Глава 8
До Масленицы неделя. Но Васе казалось, что блинами с воли уже сейчас пахнет. Настроение всю неделю было приподнятое. «А чего хмуриться, все готово». Охранники тоже шутили, как умели, и смеялись. Наконец, пятница. Рабочий день подходил к концу. Вася сел, чтобы в последний раз посмотреть на закат сквозь щели в заборе, но получил прикладом по затылку и смирно зашагал вслед за остальными на поверку. По лагерю ходили тихие слухи, что сегодня охранники готовят нечто особенное. Мол, кто-то видел, что мяса привезли целую тушу. Арестанты все как один хотели хотя бы подышать запахом жареного мяса, уж не до еды. Вася первым вернулся в барак и занял место у печки. Он любил смотреть на пламя. Сразу тепло становилось не только телу, но и душе. Было в костре нечто живое и первобытное. За окнами все затихло. Обычно узники слышали, как охранники разговаривают, стоя на посту, курят табак. А сегодня нет. Тишина. Потом послышалось бурчание из-за стенок, затем смех, и, наконец, двери распахнулись и пьяная морда выкатилась на снег с песней. Кричал, что есть мочи какую-то дорожную. Другие с ружьями выскочили, взяли его под руки и затащили назад.

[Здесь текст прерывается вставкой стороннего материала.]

-- ===== src/Transport/Bytes.antt =====
-- `struct.pack` and `struct.unpack` of big-endian lengths, "!I" with 4 bytes and "!Q" with 8
-- (shard/shard/transport.py).
use shard_glm_image.Base.{
  ℕ, zero, suc, ◌+◌, ◌*◌, ◌/◌, ◌%◌, ◌<◌, ◌≡◌, ◌∙◌, refl, List, [], ◌∷◌, ◌++◌, arith, length,
  length-append,
}

abbrev pub Bytes : Type 0
Bytes = List ℕ

-- The `width` bytes of `n`, the last of which is `n % 256`; a number that does not fit is cut.
unfoldable pub pack_be : ℕ → ℕ → Bytes
pack_be zero n = []
pack_be (suc width) n = pack_be width (n / 256) ++ n % 256 ∷ []

-- The number whose bytes are read after those that gave `acc`.
unfoldable pub unpack_be : ℕ → Bytes → ℕ
unpack_be acc [] = acc
unpack_be acc (b ∷ bs) = unpack_be (acc * 256 + b) bs

-- `256 ^ width`, the first number that does not fit.
abbrev pub limit : ℕ → ℕ
limit zero = 1
limit (suc width) = limit width * 256

pub length-pack_be : (width n : ℕ) → length (pack_be width n) ≡ width
unfolding pack_be
length-pack_be zero n = refl
length-pack_be (suc width) n =
    omega (
      arith,
      length-append (pack_be width (n / 256)) (n % 256 ∷ []),
      length-pack_be width (n / 256),
    )

unpack_be-append :
    (acc : ℕ) (xs ys : Bytes) → unpack_be acc (xs ++ ys) ≡ unpack_be (unpack_be acc xs) ys
unfolding unpack_be
unpack_be-append acc [] ys = refl
unpack_be-append acc (x ∷ xs) ys = unpack_be-append (acc * 256 + x) xs ys

-- A length that fits in `width` bytes is read back.
pub unpack_be-pack_be : (width n : ℕ) → n < limit width → unpack_be 0 (pack_be width n) ≡ n
unfolding pack_be unpack_be
unpack_be-pack_be zero n h = omega arith
unpack_be-pack_be (suc width) n h =
    unpack_be-append 0 (pack_be width (n / 256)) (n % 256 ∷ [])
    ∙ rw (unpack_be-pack_be width (n / 256) (omega arith)) (omega arith)
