-- ===== src/Transport/Sending.antt =====
-- `_sendall_vectored` (shard/shard/transport.py): however little the kernel takes at a time, all bytes
-- go out, in order.
use mathlib.Core.List.{append_assoc, append-nil}
use shard_glm_image.Base.{
  ℕ, zero, suc, ◌-◌, ◌≤◌, ◌<◌, ◌≡◌, ◌∙◌, refl, sym, ap, List, [], ◌∷◌, ◌++◌, arith, length, take,
  drop, leb, ◌==◌, if◌then◌else◌, Bool-cases, inl, inr, length-append, All,
}
use shard_glm_image.Transport.Bytes.{Bytes}

abbrev pub concat : List Bytes → Bytes
concat [] = []
concat (b ∷ bs) = b ++ concat bs

-- `[memoryview(p) for p in parts if len(p)]`
unfoldable pub nonempty : List Bytes → List Bytes
nonempty [] = []
nonempty (p ∷ parts) = let rest = nonempty parts in if length p == 0 then rest else p ∷ rest

-- The two statements that drop what was sent: whole segments, then a part of one.
unfoldable pub advance : ℕ → List Bytes → List Bytes
advance sent [] = []
advance sent (b ∷ bufs) =
    let rest = advance (sent - length b) bufs in
    if leb (length b) sent then rest else drop sent b ∷ bufs

abbrev pub iov_cap : ℕ
iov_cap = 512

-- What one call of `sendmsg` puts on the wire: the kernel takes `k` bytes of those it is offered, or
-- all of them if they are fewer.
unfoldable pub taken : ℕ → List Bytes → Bytes
taken k bufs = take k (concat (take iov_cap bufs))

-- The loop, with the kernel's answers as a list, which is also its fuel: the bytes on the wire, and
-- what is not sent yet.
unfoldable pub send_loop : List ℕ → List Bytes → Bytes × List Bytes
unfolding taken advance
send_loop answers [] = ([], [])
send_loop [] (b ∷ bufs) = ([], b ∷ bufs)
send_loop (k ∷ answers) (b ∷ bufs) =
    let out = taken k (b ∷ bufs) in
    let (wire, left) = send_loop answers (advance (length out) (b ∷ bufs)) in (out ++ wire, left)

unfoldable pub sendall_vectored : List ℕ → List Bytes → Bytes × List Bytes
unfolding nonempty send_loop
sendall_vectored answers parts = send_loop answers (nonempty parts)

take-drop : (k : ℕ) (xs : Bytes) → take k xs ++ drop k xs ≡ xs
take-drop zero xs = refl
take-drop (suc k) [] = refl
take-drop (suc k) (x ∷ xs) = ap (◌∷◌ x) (take-drop k xs)

drop-append : (k : ℕ) (xs ys : Bytes) → length xs ≤ k → drop k (xs ++ ys) ≡ drop (k - length xs) ys
drop-append k [] ys h = ap (λ (j : ℕ). drop j ys) (omega arith)
drop-append zero (x ∷ xs) ys h = absurd (omega arith)
drop-append (suc k) (x ∷ xs) ys h =
    drop-append k xs ys (omega arith) ∙ ap (λ (j : ℕ). drop j ys) (omega arith)

drop-append_left : (k : ℕ) (xs ys : Bytes) → k ≤ length xs → drop k (xs ++ ys) ≡ drop k xs ++ ys
drop-append_left zero xs ys h = refl
drop-append_left (suc k) [] ys h = absurd (omega arith)
drop-append_left (suc k) (x ∷ xs) ys h = drop-append_left k xs ys (omega arith)

-- What is left after `sent` bytes.
advance-concat :
    (sent : ℕ) (bufs : List Bytes) → concat (advance sent bufs) ≡ drop sent (concat bufs)
unfolding advance
advance-concat zero [] = refl
advance-concat (suc sent) [] = refl
advance-concat sent (b ∷ bufs) = elim (Bool-cases (leb (length b) sent)) [
  | inl y ↦ rw y (
      advance-concat (sent - length b) bufs
      ∙ sym (drop-append sent b (concat bufs) (ground (arith, y))))
  | inr n ↦ rw n (sym (drop-append_left sent b (concat bufs) (ground (arith, n))))
]

concat-take-drop :
    (k : ℕ) (bufs : List Bytes) → concat (take k bufs) ++ concat (drop k bufs) ≡ concat bufs
concat-take-drop zero bufs = refl
concat-take-drop (suc k) [] = refl
concat-take-drop (suc k) (b ∷ bufs) =
    append_assoc b (concat (take k bufs)) (concat (drop k bufs))
    ∙ ap (λ (r : Bytes). b ++ r) (concat-take-drop k bufs)

drop_self : (xs ys : Bytes) → drop (length xs) (xs ++ ys) ≡ ys
drop_self [] ys = refl
drop_self (x ∷ xs) ys = drop_self xs ys

-- What one call takes, and what is left after it, are the bytes that were to be sent.
taken-advance :
    (k : ℕ) (bufs : List Bytes)
    → taken k bufs ++ concat (advance (length (taken k bufs)) bufs) ≡ concat bufs
unfolding taken
taken-advance k bufs =
    let offered = concat (take iov_cap bufs) in
    let rest = drop k offered ++ concat (drop iov_cap bufs) in
    let whole : take k offered ++ rest ≡ concat bufs =
      sym (append_assoc (take k offered) (drop k offered) (concat (drop iov_cap bufs)))
      ∙ ap (λ (s : Bytes). s ++ concat (drop iov_cap bufs)) (take-drop k offered)
      ∙ concat-take-drop iov_cap bufs in
    ap (λ (s : Bytes). take k offered ++ s)
      (advance-concat (length (take k offered)) bufs
        ∙ ap (drop (length (take k offered))) (sym whole)
        ∙ drop_self (take k offered) rest)
    ∙ whole

send_loop-concat :
    (answers : List ℕ) (bufs : List Bytes)
    → (send_loop answers bufs).0 ++ concat (send_loop answers bufs).1 ≡ concat bufs
unfolding send_loop
send_loop-concat [] [] = refl
send_loop-concat (k ∷ answers) [] = refl
send_loop-concat [] (b ∷ bufs) = refl
send_loop-concat (k ∷ answers) (b ∷ bufs) =
    let out = taken k (b ∷ bufs) in
    append_assoc out _ _
    ∙ ap (λ (s : Bytes). out ++ s) (send_loop-concat answers (advance (length out) (b ∷ bufs)))
    ∙ taken-advance k (b ∷ bufs)

-- No segment is empty.
abbrev Filled : List Bytes → Type 0
Filled bufs = All (λ b. 0 < length b) bufs

nonempty-Filled : (parts : List Bytes) → Filled (nonempty parts)
unfolding nonempty
nonempty-Filled [] = tt
nonempty-Filled (p ∷ parts) = elim (Bool-cases (length p == 0)) [
  | inl y ↦ rw y (nonempty-Filled parts)
  | inr n ↦ rw n (ground (arith, n), nonempty-Filled parts)
]

nonempty-concat : (parts : List Bytes) → concat (nonempty parts) ≡ concat parts
unfolding nonempty
nonempty-concat [] = refl
nonempty-concat ([] ∷ parts) = nonempty-concat parts
nonempty-concat ((b ∷ p) ∷ parts) = elim (Bool-cases (length (b ∷ p) == 0)) [
  | inl y ↦ absurd (ground (arith, y))
  | inr n ↦ rw n (ap (λ (s : Bytes). b ∷ (p ++ s)) (nonempty-concat parts))
]

length-drop : (k : ℕ) (xs : Bytes) → length (drop k xs) ≡ length xs - k
length-drop zero xs = omega arith
length-drop (suc k) [] = omega arith
length-drop (suc k) (x ∷ xs) = omega (arith, length-drop k xs)

advance-Filled : (sent : ℕ) (bufs : List Bytes) → Filled bufs → Filled (advance sent bufs)
unfolding advance
advance-Filled sent [] h = tt
advance-Filled sent (b ∷ bufs) (p, ps) = elim (Bool-cases (leb (length b) sent)) [
  | inl y ↦ rw y (advance-Filled (sent - length b) bufs ps)
  | inr n ↦ rw n (ground (arith, n, length-drop sent b), ps)
]

taken_some :
    (k : ℕ) (b : Bytes) (bufs : List Bytes) → 0 < k → 0 < length b → 0 < length (taken k (b ∷ bufs))
unfolding taken
taken_some zero b bufs h p = absurd (omega arith)
taken_some (suc k) [] bufs h p = absurd (omega arith)
taken_some (suc k) (x ∷ b) bufs h p = omega arith

send_loop-done :
    (answers : List ℕ) (bufs : List Bytes)
    → All (λ k. 0 < k) answers
    → Filled bufs
    → length (concat bufs) ≤ length answers
    → (send_loop answers bufs).1 ≡ []
unfolding send_loop
send_loop-done [] [] a f h = refl
send_loop-done (k ∷ answers) [] a f h = refl
send_loop-done [] ([] ∷ bufs) a f h = absurd (omega (arith, f.0))
send_loop-done [] ((x ∷ b) ∷ bufs) a f h = absurd (omega arith)
send_loop-done (k ∷ answers) (b ∷ bufs) a f h =
    let out = taken k (b ∷ bufs) in
    send_loop-done answers (advance (length out) (b ∷ bufs)) a.1
      (advance-Filled (length out) (b ∷ bufs) f)
      (omega (
        arith,
        h,
        taken_some k b bufs a.0 f.0,
        ap length (taken-advance k (b ∷ bufs)),
        length-append out (concat (advance (length out) (b ∷ bufs))),
      ))

-- Whatever part the kernel takes at each call, if it takes at least one byte at a time and is called
-- often enough, all segments go out: the bytes on the wire are the segments joined, nothing twice,
-- nothing skipped, nothing in another order; and one call for each byte is enough.
pub sendall_vectored-concat :
    (answers : List ℕ) (parts : List Bytes)
    → All (λ k. 0 < k) answers
    → length (concat parts) ≤ length answers
    → ((sendall_vectored answers parts).0 ≡ concat parts)
      × ((sendall_vectored answers parts).1 ≡ [])
unfolding sendall_vectored
sendall_vectored-concat answers parts a h =
    let bufs = nonempty parts in
    let same = nonempty-concat parts in
    let done =
      send_loop-done answers bufs a (nonempty-Filled parts) (omega (arith, h, ap length same)) in
    let whole = send_loop-concat answers bufs in
    let wire = (send_loop answers bufs).0 in
    (
      sym (append-nil wire)
          ∙ ap (λ (left : List Bytes). wire ++ concat left) (sym done)
          ∙ whole
          ∙ same,
      done,
    )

Вася сидел и думал о свободе. Зеленая трава волновалась от ветра перед глазами. Вишневые сады распускали свои розовые цветы. Пчелы роями гудели над головой. Сырой запах после грозы опьянял. Василий рывком встал с пола и стремительно направился к выходу. По пути прихватил чью-то фуфайку. Открыл дверь, морозный воздух щекотал волоски в носу. За дверью никого. Шаг на улицу, тишина. Спокойно пересек дорогу, разделяющую лагерь на две части. Только свет прожектора медленно бегал по ночному снегу. «Так, главное, на свет не выходить, и все нормально будет». Таким образом, без паники и резких движений, он дошел до забора. Набросил фуфайку на забор и перекатился поверх частокола. Ноги по колено провалилась в нехоженый снег. Вася остановился, оглянулся: «Интересно, почему другие не уходят. Ведь их почти не охраняют? Наверное, боятся. Но чего? А каждый своего: кто-то смерти боится, другой, что застрелят, один замерзнуть, а еще один просто из-под телогрейки вылезать не хочет, на холод. Других все и так устраивает. Даже „спасибо“ говорят и почитают того, кто их в этот лагерь загнал» – рассуждал Василий, ступая по снегу и медленно отдаляясь от забора. «Так даже лучше получилось и не пришлось в воду прыгать, поджигать лес, куда-то бежать сломя голову. Так, у меня три дня форы, можно спокойно отойти на безопасное расстояние, да меня и искать не будут, наверное. Помер да помер. Замерз где-нибудь, да и все».
Пробираться по тайге было сложно, и Вася сильно устал. Нашел упавшее дерево, маленьким топориком нарубил хвойных веток, застелил пол возле дерева, нагреб снега и сделал подобие пещеры. Залез туда, лег на ветки и перед входом развел огонь, украденными спичками. Дрова защелкали, снежная пещера покрылась ледяной коркой изнутри. Стало теплее. Он иногда выходил собрать еще веток, но потом срубил сухую березку и положил толстый ствол в огонь. Когда тот сгорал полностью, Вася подвигал его, и пламя снова охватывало дерево, так получился костер, который прогорел всю ночь. «Вот, чему-то научился. Не зря день прожил».
Утром он проснулся от непонятного звука. Словно трактор работал неподалеку. Тихонько вылез из своей берлоги и осмотрелся по сторонам. Кабан, огромный, мохнатый рылом копался в снегу и хрюкал. Вася притих. «Эх, хорошо бы его щас добыть». Кровь в жилах нагрелась, и ноги уже сами пошли на охоту. «Так, у меня же ничего нет, ни ямы, ни кольев, он меня порвет». Но Вася был восхищен своим бесстрашным порывом. Он сам себя не узнавал. Когда он жил в том времени, то перед любой самой маленькой опасностью пасовал. А тут ноги сами на кабана пошли. «Вот это да». Он осекся и решил не вступать в неравную схватку, и не провоцировать зверя. Сел по-турецки в своем шалаше, пошевелил догорающий костер и подвинул бревно. Огонь разгорелся, и стало тепло. Он вспомнил.